Required action: Among the entries below, please repeat exactly and only the lines from the line containing "pub same_pending : t.pending_bytes" to the line containing "s.last_over_cap_notify_ms == 0", both lines included.

Saved entries
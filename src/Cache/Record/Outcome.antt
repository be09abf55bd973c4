-- ===== src/Cache/Record/Outcome.antt =====
-- Whether a recorded payload is queued, and what the queue may hold.
use faster_file_copy.Prelude.{
  ℕ, ◌+◌, ◌≤◌, ◌<◌, ◌≡◌, inl, inr, refl, false, not, ◌&&◌, ◌||◌, Option, none, some, List, [], ◌∷◌,
  ◌++◌, ltb, leb, ◌==◌, length, arith, Bool-cases,
}
use faster_file_copy.Prelude.Words.{add64, sub64}
use faster_file_copy.Format.Layout.{max_payload_size}
use faster_file_copy.Cache.State.{ArchiveCache, DecompCache, Settings, find, replace, contains}
use faster_file_copy.Cache.Record.{
  max_pending_memory_bytes, flush_wake_bytes, cold_ms, is_empty, is_committed, add_checked,
  admission_bytes, reject_over_cap, enqueue, over_pending_cap, over_disk_cap, admit, record_cache,
  record_decompressed,
}

-- The fields that say what is queued and how much of the disk it is charged.
pub record SameQueues (s t : DecompCache) : Type 0 where
  pub same_caches : t.caches ≡ s.caches
  pub same_pending : t.pending_bytes ≡ s.pending_bytes
  pub same_disk : t.total_cache_bytes ≡ s.total_cache_bytes
  pub same_reservations : t.committed_reservations ≡ s.committed_reservations

-- One payload has been queued, within both caps.
pub record Queued (cfg : Settings) (now archive start : ℕ) (payload : List ℕ) (s t : DecompCache)
    : Type 0 where
  pub cache : ArchiveCache
  pub bytes : ℕ
  pub cached : find s.caches archive ≡ some cache
  pub not_committed : is_committed cache (find cache.index start) ≡ false
  pub not_buffered : contains cache.buffered_offsets start ≡ false
  pub some_payload : 0 < length payload
  pub charged : length payload ≤ bytes
  pub new_pending : t.pending_bytes ≡ s.pending_bytes + bytes
  pub in_memory : s.pending_bytes + bytes ≤ max_pending_memory_bytes
  pub on_disk : s.total_cache_bytes + s.pending_bytes + bytes ≤ cfg.decomp_cache_max_bytes
  pub same_disk : t.total_cache_bytes ≡ s.total_cache_bytes
  pub same_reservations : t.committed_reservations ≡ s.committed_reservations
  pub new_caches :
      t.caches
      ≡ replace s.caches archive (record cache {
        pending =
            cache.pending
            ++ record { start_offset = start; accounted_bytes = bytes; payload = payload } ∷ [];
        buffered_offsets = start ∷ cache.buffered_offsets;
        last_access_ms = now;
      })

pub data Outcome (cfg : Settings) (now : ℕ) (archive : Option ℕ) (start : ℕ) (payload : List ℕ)
    (s t : DecompCache) : Type 0 where
  unchanged : SameQueues s t → Outcome cfg now archive start payload s t
  queued :
      (a : ℕ)
      → archive ≡ some a
      → Queued cfg now a start payload s t
      → Outcome cfg now archive start payload s t

nonempty : (payload : List ℕ) → is_empty payload ≡ false → 0 < length payload
nonempty [] h = absurd (cc)
nonempty (x ∷ payload) h = omega arith

module _ (cfg : Settings) (now : ℕ) where
  reject_over_cap-SameQueues :
      (bytes : ℕ) (s : DecompCache) → SameQueues s (reject_over_cap cfg now bytes s)
  unfolding reject_over_cap
  reject_over_cap-SameQueues bytes s =
      elim (Bool-cases (ltb 0 cfg.decomp_cache_max_bytes && leb bytes cfg.decomp_cache_max_bytes)) [
        | inl may ↦
            elim (Bool-cases (
              s.last_over_cap_notify_ms == 0
              || leb cold_ms (sub64 now s.last_over_cap_notify_ms))) [
                | inl wake ↦
                    rw (may, wake)
                      record {
                        same_caches = refl;
                        same_pending = refl;
                        same_disk = refl;
                        same_reservations = refl;
                      }
                | inr sleep ↦
                    rw (may, sleep)
                      record {
                        same_caches = refl;
                        same_pending = refl;
                        same_disk = refl;
                        same_reservations = refl;
                      }
              ]
        | inr never ↦ rw never record {
          same_caches = refl;
          same_pending = refl;
          same_disk = refl;
          same_reservations = refl;
        }
      ]

  enqueue-fields :
      (archive start : ℕ) (payload : List ℕ) (bytes : ℕ) (c : ArchiveCache) (s : DecompCache)
      → s.pending_bytes + bytes ≤ max_pending_memory_bytes
      → let t = enqueue cfg now archive start payload bytes c s in
        (t.pending_bytes ≡ s.pending_bytes + bytes)
        × (t.total_cache_bytes ≡ s.total_cache_bytes)
        × (t.committed_reservations ≡ s.committed_reservations)
        × (t.caches
            ≡ replace s.caches archive (record c {
              pending =
                  c.pending
                  ++ record { start_offset = start; accounted_bytes = bytes; payload = payload }
                    ∷ [];
              buffered_offsets = start ∷ c.buffered_offsets;
              last_access_ms = now;
            }))
  unfolding enqueue
  enqueue-fields archive start payload bytes c s fits =
      elim (Bool-cases (leb flush_wake_bytes (add64 s.pending_bytes bytes))) [
        | inl wake ↦ rw wake (ground arith, refl, refl, refl)
        | inr sleep ↦ rw sleep (ground arith, refl, refl, refl)
      ]

  add_checked-some : (lhs rhs sum : ℕ) → add_checked lhs rhs ≡ some sum → sum ≡ lhs + rhs
  unfolding add_checked
  add_checked-some lhs rhs sum h = ground arith

  admission_bytes_covers :
      (size : ℕ) (o : Option ℕ) (bytes : ℕ) → admission_bytes size o ≡ some bytes → size ≤ bytes
  unfolding admission_bytes
  admission_bytes_covers size none bytes h = absurd (cc)
  admission_bytes_covers size (some overhead) bytes h =
      ground (arith, add_checked-some size overhead bytes h)

  admit-Outcome :
      (archive start : ℕ) (payload : List ℕ) (c : ArchiveCache) (o : Option ℕ) (s : DecompCache)
      → find s.caches archive ≡ some c
      → is_committed c (find c.index start) ≡ false
      → contains c.buffered_offsets start ≡ false
      → 0 < length payload
      → ((bytes : ℕ) → o ≡ some bytes → length payload ≤ bytes)
      → Outcome cfg now (some archive) start payload s (admit cfg now archive start payload c o s)
  unfolding admit
  admit-Outcome archive start payload c none s f i b some_payload covers = unchanged (record {
    same_caches = refl;
    same_pending = refl;
    same_disk = refl;
    same_reservations = refl;
  })
  admit-Outcome archive start payload c (some bytes) s f i b some_payload covers =
      elim (Bool-cases (over_pending_cap cfg now bytes s)) [
        | inl full ↦ rw full (
            unchanged (record {
              same_caches = refl;
              same_pending = refl;
              same_disk = refl;
              same_reservations = refl;
            }))
        | inr room ↦ elim (Bool-cases (over_disk_cap cfg now bytes s)) [
          | inl over ↦ rw (room, over) (unchanged (reject_over_cap-SameQueues bytes s))
          | inr under ↦
              let fits : s.pending_bytes + bytes ≤ max_pending_memory_bytes = ground arith in
              let is = enqueue-fields archive start payload bytes c s fits in
              rw (room, under)
                (queued archive refl (record {
                  cache = c;
                  bytes = bytes;
                  cached = f;
                  not_committed = i;
                  not_buffered = b;
                  some_payload = some_payload;
                  charged = covers bytes refl;
                  new_pending = is.0;
                  in_memory = fits;
                  on_disk = ground arith;
                  same_disk = is.1;
                  same_reservations = is.2;
                  new_caches = is.3;
                }))
        ]
      ]

  module _ (entry_count : ℕ → ℕ) where
    record_cache-Outcome :
        (archive start : ℕ) (payload : List ℕ) (o : Option ArchiveCache) (s : DecompCache)
        → find s.caches archive ≡ o
        → 0 < length payload
        → Outcome cfg now
            (some archive)
            start
            payload
            s
            (record_cache cfg now entry_count archive start payload o s)
    unfolding record_cache
    record_cache-Outcome archive start payload none s f some_payload = unchanged (record {
      same_caches = refl;
      same_pending = refl;
      same_disk = refl;
      same_reservations = refl;
    })
    record_cache-Outcome archive start payload (some c) s f some_payload =
        elim (Bool-cases
          (is_committed c (find c.index start) || contains c.buffered_offsets start)) [
            | inl known ↦ rw known (
                unchanged (record {
                  same_caches = refl;
                  same_pending = refl;
                  same_disk = refl;
                  same_reservations = refl;
                }))
            | inr new ↦ rw new (
                admit-Outcome archive start payload c _ s f (ground arith) (ground arith)
                  some_payload (admission_bytes_covers (length payload) _))
          ]

    pub record_decompressed-Outcome :
        (archive : Option ℕ) (start : ℕ) (payload : List ℕ) (s : DecompCache)
        → Outcome cfg now archive start payload s
            (record_decompressed cfg now entry_count archive start payload s)
    unfolding record_decompressed
    record_decompressed-Outcome none start payload s = unchanged (record {
      same_caches = refl;
      same_pending = refl;
      same_disk = refl;
      same_reservations = refl;
    })
    record_decompressed-Outcome (some archive) start payload s =
        elim (Bool-cases
          (not s.building || is_empty payload || ltb max_payload_size (length payload))) [
            | inl refused ↦ rw refused (
                unchanged (record {
                  same_caches = refl;
                  same_pending = refl;
                  same_disk = refl;
                  same_reservations = refl;
                }))
            | inr taken ↦ rw taken (
                record_cache-Outcome archive start payload _ s refl
                  (nonempty payload (ground arith)))
          ]
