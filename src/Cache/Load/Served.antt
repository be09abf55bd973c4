-- ===== src/Cache/Load/Served.antt =====
-- Skyrim/src/DecompCache.cpp: from LoadCacheFile to Lookup.
use faster_file_copy.Prelude.{ℕ, ◌≡◌, refl, ◌∙◌, true, false, some, List, [], ◌==◌, All, arith}
use faster_file_copy.Format.Layout.{ArchiveIdentity}
use faster_file_copy.Cache.State.{ArchiveCache, DecompCache, Settings, find, update_view}
use faster_file_copy.Cache.Lookup.{lookup}
use faster_file_copy.Cache.Flush.Books.{find-replace}
use faster_file_copy.Cache.Commit.{PreparedPending}
use faster_file_copy.Cache.Commit.Content.{Storable}
use faster_file_copy.Cache.Mapped.Reader.{read_mapping, Delivers, Shows, all-Delivered}
use faster_file_copy.Cache.Load.{Loaded, adopt}
use faster_file_copy.Cache.Load.Contents.{LoadedWith}

adopt-Shows :
    (archive path : ℕ) (r : Loaded) (c : ArchiveCache) (s : DecompCache)
    → find s.caches archive ≡ some c
    → r.mapped.unusable ≡ false
    → Shows (adopt archive path r c s) archive r.view r.mapped.base r.index
unfolding adopt update_view
adopt-Shows archive path r c s cached usable =
    let itself : (archive == archive) ≡ true = ground arith in
    let same : (r.view == r.view) ≡ true = ground arith in
    let d : ArchiveCache = record c {
      index = r.index;
      view = some r.view;
      active_path = some path;
      on_disk_bytes = r.file_size;
      disk_invalidated = false;
      needs_replacement = r.needs_replacement;
    } in
    record {
      cache = d;
      cached = find-replace s.caches archive c d archive cached ∙ rw itself refl;
      owned = refl;
      current = refl;
      same_index = refl;
      usable = rw same usable;
      at_base = rw same refl;
    }

-- Once a load that serves a list of payloads that a file can hold has been taken over by the archive's cache, then, with
-- prefaulting off, a lookup of any payload of the list answers with an address in the mapping at which a
-- reader finds exactly the payload's bytes.
pub loaded_served :
    (cfg : Settings) (now archive path : ℕ) (id : ArchiveIdentity) (l : List PreparedPending)
    (contents : List ℕ) (r : Loaded) (c : ArchiveCache) (s : DecompCache)
    → find s.caches archive ≡ some c
    → cfg.prefault_decomp_cache ≡ false
    → Storable id l
    → LoadedWith id l contents r
    → All
        (λ (p : PreparedPending).
          Delivers
            (read_mapping r.mapped.base contents)
            r.view
            (lookup cfg
              (read_mapping r.mapped.base contents)
              now
              archive
              p.start_offset
              (adopt archive path r c s)).0
            p.payload)
        l
loaded_served cfg now archive path id l contents r c s cached off ok loaded =
    all-Delivered cfg now archive r.view r.mapped.base contents [] r.index
      (adopt archive path r c s) (adopt-Shows archive path r c s cached loaded.usable) off l
      ok.sound loaded.serves
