-- ===== src/Cache/Load/Tests.antt =====
-- A file that a crash left, loaded again, and the witnesses of the theorems on loading.
use faster_file_copy.Prelude.{
  ℕ, ◌≡◌, ◌⊎◌, refl, true, false, none, some, List, [], ◌∷◌, ◌++◌, length, All, arith,
}
use faster_file_copy.Prelude.Splice.{splice}
use faster_file_copy.Prelude.Words.{write_le}
use faster_file_copy.Format.Encode.{encode_header, encode_entry}
use faster_file_copy.Cache.Record.{add_checked}
use faster_file_copy.Cache.Commit.{
  Answer, PreparedPending, append_file, append_calls, run, place, write_chunks, encode_entries,
  fresh_header,
}
use faster_file_copy.Cache.Commit.Durable.{end_of}
use faster_file_copy.Cache.Commit.Sample.{
  disk, archive, old, new, second-Sound, old_file, old-Storable, both-Storable, old-Stored,
  old-Represents, old_size,
}
use faster_file_copy.Cache.Load.{LoadAnswers, adopt, open_cache, load_cache_file}
use faster_file_copy.Cache.State.{find}
use faster_file_copy.Cache.Lookup.{lookup}
use faster_file_copy.Cache.Sample.{empty_cache, state, settings}
use faster_file_copy.Cache.Mapped.Reader.{Delivers, read_mapping}
use faster_file_copy.Cache.Load.Served.{loaded_served}
use faster_file_copy.Cache.Load.Recovery.{
  Succeeds, Recovered, load_cache_file-Recovered, crash_then_load,
}

abbrev answers : LoadAnswers
answers = record {
  writable = true;
  readable = true;
  locked = true;
  reopened = false;
  sized = true;
  mapping = some 1000;
  memory = true;
  truncates = true;
  remapping = some 2000;
}

answers-Succeeds : Succeeds answers true 1000 2000
unfolding open_cache
answers-Succeeds = record {
  opened = refl;
  has_size = refl;
  mapped = refl;
  has_memory = refl;
  remapped = refl;
}

load_cache_file-Recovered_example :
    Recovered archive old true (load_cache_file 2 answers archive old_file)
load_cache_file-Recovered_example =
    load_cache_file-Recovered 2 1000 2000 archive old old_file true answers old-Storable
      (omega (arith, old_size)) old-Represents answers-Succeeds

abbrev ok : Answer
ok = record { cancelled = false; failure = none }

-- The system crashes when the new payload is written.
abbrev crash : List Answer
crash = ok ∷ ok ∷ ok ∷ []

abbrev left : List ℕ
left = (append_file disk (fresh_header archive 1) (end_of archive old) new crash old_file).1

left_size : length left ≡ 109
unfolding append_file append_calls run place write_chunks encode_entries encode_header encode_entry
    write_le fresh_header splice add_checked
left_size = refl

crash_then_load_example :
    Recovered archive old true (load_cache_file 2 answers archive left)
    ⊎ Recovered archive (old ++ new) true (load_cache_file 2 answers archive left)
crash_then_load_example =
    crash_then_load disk archive old new crash old_file left 2 1000 2000 answers old-Storable
      both-Storable (second-Sound, tt) (refl, (refl, (refl, tt))) old-Stored refl
      (omega (arith, left_size)) answers-Succeeds refl

loaded : Recovered archive old true (load_cache_file 2 answers archive old_file)
loaded =
    load_cache_file-Recovered 2 1000 2000 archive old old_file true answers old-Storable
      (omega (arith, old_size)) old-Represents answers-Succeeds

abbrev contents : List ℕ
contents = (load_cache_file 2 answers archive old_file).0

cached : find state.caches 7 ≡ some empty_cache
unfolding find
cached = refl

loaded_served_example :
    All
      (λ (p : PreparedPending).
        Delivers
          (read_mapping loaded.0.mapped.base contents)
          loaded.0.view
          (lookup settings
            (read_mapping loaded.0.mapped.base contents)
            60
            7
            p.start_offset
            (adopt 7 9 loaded.0 empty_cache state)).0
          p.payload)
      old
loaded_served_example =
    loaded_served settings 60 7 9 archive old contents loaded.0 empty_cache state cached refl
      old-Storable loaded.2
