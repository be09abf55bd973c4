-- ===== src/Cache/Lookup/Corrupt.antt =====
-- VerifyEntry in Skyrim/src/DecompCache.cpp: why a verification fails.
use faster_file_copy.Prelude.{
  ℕ, ◌≡◌, ◌≢◌, inl, inr, refl, sym, ap, ◌∙◌, false, Option, none, some, List, ◌==◌, arith,
  Bool-cases,
}
use faster_file_copy.Format.Checksum.{checksum}
use faster_file_copy.Cache.State.{
  Verification, verify_unknown, verify_busy, verify_valid, verify_invalid, CachedEntry,
}
use faster_file_copy.Cache.Lookup.{payload_valid, verify_state, verify_data, verify_entry}

-- Why the payload of an entry cannot be trusted.
pub data Corrupt (read : ℕ → ℕ → Option (List ℕ)) (address : ℕ) (e : CachedEntry) : Type 0 where
  empty : e.size ≡ 0 → Corrupt read address e
  no_state : e.verification ≡ none → Corrupt read address e
  known : e.verification ≡ some verify_invalid → Corrupt read address e
  unreadable : read address e.size ≡ none → Corrupt read address e
  differs :
      (bytes : List ℕ)
      → read address e.size ≡ some bytes
      → checksum (some bytes) e.size ≢ e.checksum_value
      → Corrupt read address e

module _ (read : ℕ → ℕ → Option (List ℕ)) where
  payload_valid-Corrupt :
      (address : ℕ) (e : CachedEntry) (o : Option (List ℕ))
      → read address e.size ≡ o
      → payload_valid read (some address) e.size e.checksum_value ≡ false
      → Corrupt read address e
  unfolding payload_valid
  payload_valid-Corrupt address e none o h = unreadable o
  payload_valid-Corrupt address e (some bytes) o h = elim (Bool-cases (e.size == 0)) [
    | inl none_of_it ↦ empty (ground arith)
    | inr full ↦ differs bytes o (ground (arith, rw (full, o) at h))
  ]

  verify_state-Corrupt :
      (address : ℕ) (e : CachedEntry) (o : Option Verification)
      → e.data_address ≡ some address
      → e.verification ≡ o
      → (verify_state read e o).0.valid ≡ false
      → Corrupt read address e
  unfolding verify_state
  verify_state-Corrupt address e none a o h = no_state o
  verify_state-Corrupt address e (some verify_valid) a o h = absurd (cc)
  verify_state-Corrupt address e (some verify_invalid) a o h = known o
  verify_state-Corrupt address e (some verify_unknown) a o h =
      payload_valid-Corrupt address e _ refl
        (ap (λ d. payload_valid read d e.size e.checksum_value) (sym a) ∙ h)
  verify_state-Corrupt address e (some verify_busy) a o h =
      payload_valid-Corrupt address e _ refl
        (ap (λ d. payload_valid read d e.size e.checksum_value) (sym a) ∙ h)

  pub verify_entry-Corrupt :
      (address : ℕ) (e : CachedEntry)
      → e.data_address ≡ some address
      → (verify_entry read e).0.valid ≡ false
      → Corrupt read address e
  unfolding verify_entry verify_data
  verify_entry-Corrupt address e a h = elim (Bool-cases (e.size == 0)) [
    | inl none_of_it ↦ empty (ground arith)
    | inr full ↦
        verify_state-Corrupt address e e.verification a refl (rw (a, verify_data, full) at h)
  ]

Written reply:
  pub same_pending : t.pending_bytes ≡ s.pending_bytes
  pub same_disk : t.total_cache_bytes ≡ s.total_cache_bytes
  pub same_reservations : t.committed_reservations ≡ s.committed_reservations

-- One payload has been queued, within both caps.
pub record Queued (cfg : Settings) (now archive start : ℕ) (payload : List ℕ) (s t : DecompCache)
    : Type 0 where
  pub cache : ArchiveCache
  pub bytes : ℕ
  pub cached : find s.caches archive ≡ some cache
  pub not_committed : is_committed cache (find cache.index start) ≡ false
  pub not_buffered : contains cache.buffered_offsets start ≡ false
  pub some_payload : 0 < length payload
  pub charged : length payload ≤ bytes
  pub new_pending : t.pending_bytes ≡ s.pending_bytes + bytes
  pub in_memory : s.pending_bytes + bytes ≤ max_pending_memory_bytes
  pub on_disk : s.total_cache_bytes + s.pending_bytes + bytes ≤ cfg.decomp_cache_max_bytes
  pub same_disk : t.total_cache_bytes ≡ s.total_cache_bytes
  pub same_reservations : t.committed_reservations ≡ s.committed_reservations
  pub new_caches :
      t.caches
      ≡ replace s.caches archive (record cache {
        pending =
            cache.pending
            ++ record { start_offset = start; accounted_bytes = bytes; payload = payload } ∷ [];
        buffered_offsets = start ∷ cache.buffered_offsets;
        last_access_ms = now;
      })

pub data Outcome (cfg : Settings) (now : ℕ) (archive : Option ℕ) (start : ℕ) (payload : List ℕ)
    (s t : DecompCache) : Type 0 where
  unchanged : SameQueues s t → Outcome cfg now archive start payload s t
  queued :
      (a : ℕ)
      → archive ≡ some a
      → Queued cfg now a start payload s t
      → Outcome cfg now archive start payload s t

nonempty : (payload : List ℕ) → is_empty payload ≡ false → 0 < length payload
nonempty [] h = absurd (cc)
nonempty (x ∷ payload) h = omega arith

module _ (cfg : Settings) (now : ℕ) where
  reject_over_cap-SameQueues :
      (bytes : ℕ) (s : DecompCache) → SameQueues s (reject_over_cap cfg now bytes s)
  unfolding reject_over_cap
  reject_over_cap-SameQueues bytes s =
      elim (Bool-cases (ltb 0 cfg.decomp_cache_max_bytes && leb bytes cfg.decomp_cache_max_bytes)) [
        | inl may ↦
            elim (Bool-cases (
              s.last_over_cap_notify_ms == 0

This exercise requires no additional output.